Strategies For Dividing And Sharing Source Data

When handling raw data from an external or internal source, we are disposed to several choices:

  • Should we leave the data unaltered, a mere and true replicate of the source to make comparisons between the two more readable?

  • There are times it makes sense to compile data into a singular table - like when input files are plenty, small and but the same format or when the source systems has been normalized into many slim tables with few columns which clearly relate to one another.

  • We can choose to divide large inputs into smaller chunks. This is especially viable if parts of the content is clearly distinguishable, like when you have both customer and supplier orders in the same input stream.

  • In some cases, we can also choose to operate on the incoming data to make it more fertile and ready for consumption. This can happen in any number of ways depending on both the quality of the data and how we will use the data in later stages. Here we will not discover these plentitude of opportunities.

So which strategy should we adopt when viewing a set of new input that is destined to be our new stream of input?

I am inclined to use the restaurant analogy and how they treat their raw material, which is delivered by different vendors. Do they store the material of equal kind in the same or separate containers? Do they treat the goods - cut the cucumbers in two or more slices - before they put it into tiny boxes? Maybe they have a unique cartridge system with equal-size boxes that dictate how it will be partitioned, divided and shared. Circumstances, skills, tools and historical reasons will guide your choices whether you like it or not. Can we somehow come up with some rule of thumb of what to do?

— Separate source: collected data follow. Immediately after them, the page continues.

-- ===== src/Spectrum/Calc.antt =====
-- `Calc` of sigApp/src/fftcalc.cpp, and the records that set its fields and show them.
pub mod Run
mod Records
use pscdrv.Common.{
  ℕ, List, [], ◌∷◌, length, take, drop, overwrite, Bool, true, false, not, ◌&&◌, ltb, leb, ◌==◌,
  Option, none, some, if◌then◌else◌, min, ◌+◌, ◌-◌, ◌%◌, ◌^◌,
}
use pscdrv.Floating.{Floating}
use pscdrv.Outcome.{Status, write_alarm, read_alarm, Severity, invalid_alarm}
use pscdrv.Spectrum.{Window, hann, Psd}

-- The fields; the name, the thread and the timers are left out. Times are numbers. `pokes` counts the
-- signals of `wake`, `value_scans` and `scale_scans` the requests of the two scans. `calc` is the
-- calculation that the worker owns.
pub record Calc (Double : Type 0) : Type 0 where
  pub windowtype : Window
  pub fsamp : Double
  pub mult : Double
  pub nfft : ℕ
  pub samp_start : ℕ
  pub samp_width : ℕ
  pub timein : ℕ
  pub timeout : ℕ
  pub valin : List Double
  pub valout : List Double
  pub valoutint : List Double
  pub scaleout : List Double
  pub window : List Double
  pub totalpowertime : Double
  pub totalpowerfreq : Double
  pub valid : Bool
  pub pokes : ℕ
  pub value_scans : ℕ
  pub scale_scans : ℕ
  pub calc : Psd Double

-- `Calc::Calc`; the window's type has no value yet.
unfoldable pub new_calc : {Double : Type 0} → Double → Double → Window → Psd Double → Calc Double
new_calc zero_point one_point junk psd = record {
  windowtype = junk;
  fsamp = zero_point;
  mult = one_point;
  nfft = 0;
  samp_start = 0;
  samp_width = 0;
  timein = 0;
  timeout = 0;
  valin = [];
  valout = [];
  valoutint = [];
  scaleout = [];
  window = [];
  totalpowertime = zero_point;
  totalpowerfreq = zero_point;
  valid = false;
  pokes = 0;
  value_scans = 0;
  scale_scans = 0;
  calc = psd;
}

module _ (fl : Floating) where
  open fl use {Double, eq, literal}

  abbrev pub poke : Calc Double → Calc Double
  poke c = record c { pokes = c.pokes + 1 }

  -- VAL is an epicsInt32 as its bit pattern; `nfft` is a size_t, in which it stands with its sign.
  unfoldable pub set_nfft : ℕ → Calc Double → Calc Double
  set_nfft val c =
      let n = if ltb val (2 ^ 31) then val else val + (2 ^ 64 - 2 ^ 32) in
      if c.nfft == val then c else poke (record c { nfft = n })

  -- The argument is VAL in engineering units.
  unfoldable pub set_fsamp : Double → Calc Double → Calc Double
  set_fsamp fsamp c = if eq c.fsamp fsamp then c else poke (record c { fsamp = fsamp })

  unfoldable pub set_scale : Double → Calc Double → Calc Double
  set_scale mult c = if eq c.mult mult then c else poke (record c { mult = mult })

  unfoldable pub set_start : ℕ → Calc Double → Calc Double
  set_start val c = record c { samp_start = val }

  unfoldable pub set_width : ℕ → Calc Double → Calc Double
  set_width val c = record c { samp_width = val }

  -- The alarm that it raises, and the state.
  unfoldable pub set_windtype : ℕ → Calc Double → Option (Status × Severity) × Calc Double
  set_windtype rval c =
      if rval == 0
      then (none, record c { windowtype = Window.none })
      else if rval == 1
      then (none, record c { windowtype = hann })
      else (some (write_alarm, invalid_alarm), c)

In my experience, the approach of dividing the data from the same source is the most overlooked. It is something we do at a later stage. Even though most source tables are built with no redundancy in mind, it does not mean that it cannot contain diversable information, which appear to be the same, like customer and supplier order or invoices. As the source system is built to handle many world problems and the underlying database design has to cater for that, sometimes we end up with big tables containing data that covers at least two business processes. It can be hard to distinguish from the fact that these tables are often the core, the main artery of that system and here we are with our scalpels trying to carve those data apart. Again, the properties of a customer and supplier invoice are pretty much the same and hence the core of the source can be put in one single source table. From a data modeling perspective, an invoice is an invoice. It is actually quite clever, and 3NFish, to put the data in the same table. It is almost ironic – we are trying to build an information model of the business in question and then we go ahead and put two, quite different, processes in the same heap.

Another example is when an ERP system is using generic tables to record different kind of calculations defined by the business user. These calculations can vary a great deal and the outcome can ultimately support different needs and business processes. For instance, a calculation can find the aggregated performance of a portfolio on a daily basis. Another calculation can tell how the different assets in that portfolio attributed to the overall performance. The results of these will be stored in the same tables as they use the same calculation engine. The use of it can be rather reporting the performance and analysis of the attribution. The reason we want to divide these data into separate tables is that we would want to load it at different times as the reporting needs vary from the analysis’ needs.

Therefore, what we should do is to make those two arteries run in two different veins embracing our user’s needs. And, I do believe in information streams. Streams that build information highways. An information stream is a current of data that flows from the source to a designated end user. We want to separate the different business processes to make theme unconnected and able to run on different times independently of the underlying structure. We do not want them to interrelate as this atomic level. Yes, customer consumption directs the supply of goods we need. It does not mean we need to put in the same table!

So, when should we gather data into a single table? We want maintain the control of the input. We want to make sure that we can explain every possibility of what happened during data transfers - most of all to ourselves. Maintaining hundreds and thousands of inputs when we can collate parts of it makes sense, because having too many tables will make us loose overview and that inevitable control. Especially in cases where there are tables correlating because of a strong 3NF structure in the source, having a one-to-one connection to a main table, we should include those data in that table. If these data are stand-alone and parse in a single table it makes sense to just put them in the same box when gathering the input. When we have many sources gathering the same type of data with the same fields, but different content - it also makes sense to gather these and use a column as a source descriptor to distinguish the data vendors.

In conclusion, divide data from a single source table when it splits into separate business processes. Gather data when it belongs together and there is no other time-related loading reasons for not doing so.